#### Data for processing ####
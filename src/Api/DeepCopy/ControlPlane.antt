-- ===== src/Api/DeepCopy/ControlPlane.antt =====
-- Deep copies of CCEManagedControlPlane and its parts, in zz_generated.deepcopy.go.
use cluster_api_provider_cce.Memory.{Pointer, Mem, pure, ◌>>=◌}
use cluster_api_provider_cce.Memory.Copies.{new_copy, copy_all}
use cluster_api_provider_cce.Api.Memory.{
  Layouts, Address, ControlPlaneSpec, ControlPlaneStatus, ManagedControlPlane,
  ManagedControlPlaneList,
}
use cluster_api_provider_cce.Api.Memory.Cells.{Cell}
use cluster_api_provider_cce.Api.DeepCopy.{Library}
use cluster_api_provider_cce.Api.Memory.Kinds.{
  text_kind, flag_kind, reference_kind, endpoint_access_kind, conditions_kind,
  control_plane_spec_kind, control_plane_status_kind, control_plane_kind, control_planes_kind,
  control_plane_list_kind,
}
use cluster_api_provider_cce.Api.DeepCopy.Structs.{
  copy_network_spec_into, copy_endpoint_access_into,
}

module _ {L : Layouts} where
  unfoldable pub copy_control_plane_spec_into :
      ControlPlaneSpec Address → Mem (Cell L) (ControlPlaneSpec Address)
  copy_control_plane_spec_into spec = do
    identity_ref ← new_copy reference_kind pure spec.identity_ref
    project ← new_copy text_kind pure spec.project
    version ← new_copy text_kind pure spec.version
    flavor ← new_copy text_kind pure spec.flavor
    network_spec ← copy_network_spec_into spec.network_spec
    endpoint_access ← new_copy endpoint_access_kind copy_endpoint_access_into spec.endpoint_access
    pure (record spec {
      identity_ref = identity_ref;
      project = project;
      version = version;
      flavor = flavor;
      network_spec = network_spec;
      endpoint_access = endpoint_access;
    })

  unfoldable pub copy_control_plane_spec : Pointer → Mem (Cell L) Pointer
  copy_control_plane_spec = new_copy control_plane_spec_kind copy_control_plane_spec_into

module _ {L V : Layouts} (lib : Library L V) where
  unfoldable pub copy_control_plane_status_into :
      ControlPlaneStatus L Address → Mem (Cell L) (ControlPlaneStatus L Address)
  copy_control_plane_status_into status = do
    external ← new_copy flag_kind pure status.external_managed_control_plane
    failure_message ← new_copy text_kind pure status.failure_message
    conditions ← new_copy conditions_kind (copy_all lib.condition.copy) status.conditions
    pure (record status {
      external_managed_control_plane = external;
      failure_message = failure_message;
      conditions = conditions;
    })

  unfoldable pub copy_control_plane_status : Pointer → Mem (Cell L) Pointer
  copy_control_plane_status = new_copy control_plane_status_kind copy_control_plane_status_into

  unfoldable pub copy_control_plane_into :
      ManagedControlPlane L Address → Mem (Cell L) (ManagedControlPlane L Address)
  copy_control_plane_into x = do
    meta ← lib.meta.copy x.meta
    spec ← copy_control_plane_spec_into x.spec
    status ← copy_control_plane_status_into x.status
    pure (record x { meta = meta; spec = spec; status = status })

  unfoldable pub copy_control_plane : Pointer → Mem (Cell L) Pointer
  copy_control_plane = new_copy control_plane_kind copy_control_plane_into

  unfoldable pub copy_control_plane_list_into :
      ManagedControlPlaneList L Address → Mem (Cell L) (ManagedControlPlaneList L Address)
  copy_control_plane_list_into x = do
    list_meta ← lib.list_meta.copy x.list_meta
    items ← new_copy control_planes_kind (copy_all copy_control_plane_into) x.items
    pure (record x { list_meta = list_meta; items = items })

  unfoldable pub copy_control_plane_list : Pointer → Mem (Cell L) Pointer
  copy_control_plane_list = new_copy control_plane_list_kind copy_control_plane_list_into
####
Work order
In the entries above, find the line holding "external ← new_copy" and the line holding "list_meta = list_meta;", then retype exactly those two lines and every line between them, and nothing else.

Answer space
    external ← new_copy flag_kind pure status.external_managed_control_plane
    failure_message ← new_copy text_kind pure status.failure_message
    conditions ← new_copy conditions_kind (copy_all lib.condition.copy) status.conditions
    pure (record status {
      external_managed_control_plane = external;
      failure_message = failure_message;
      conditions = conditions;
    })

  unfoldable pub copy_control_plane_status : Pointer → Mem (Cell L) Pointer
  copy_control_plane_status = new_copy control_plane_status_kind copy_control_plane_status_into

  unfoldable pub copy_control_plane_into :
      ManagedControlPlane L Address → Mem (Cell L) (ManagedControlPlane L Address)
  copy_control_plane_into x = do
    meta ← lib.meta.copy x.meta
    spec ← copy_control_plane_spec_into x.spec
    status ← copy_control_plane_status_into x.status
    pure (record x { meta = meta; spec = spec; status = status })

  unfoldable pub copy_control_plane : Pointer → Mem (Cell L) Pointer
  copy_control_plane = new_copy control_plane_kind copy_control_plane_into

  unfoldable pub copy_control_plane_list_into :
      ManagedControlPlaneList L Address → Mem (Cell L) (ManagedControlPlaneList L Address)
  copy_control_plane_list_into x = do
    list_meta ← lib.list_meta.copy x.list_meta
    items ← new_copy control_planes_kind (copy_all copy_control_plane_into) x.items
    pure (record x { list_meta = list_meta; items = items })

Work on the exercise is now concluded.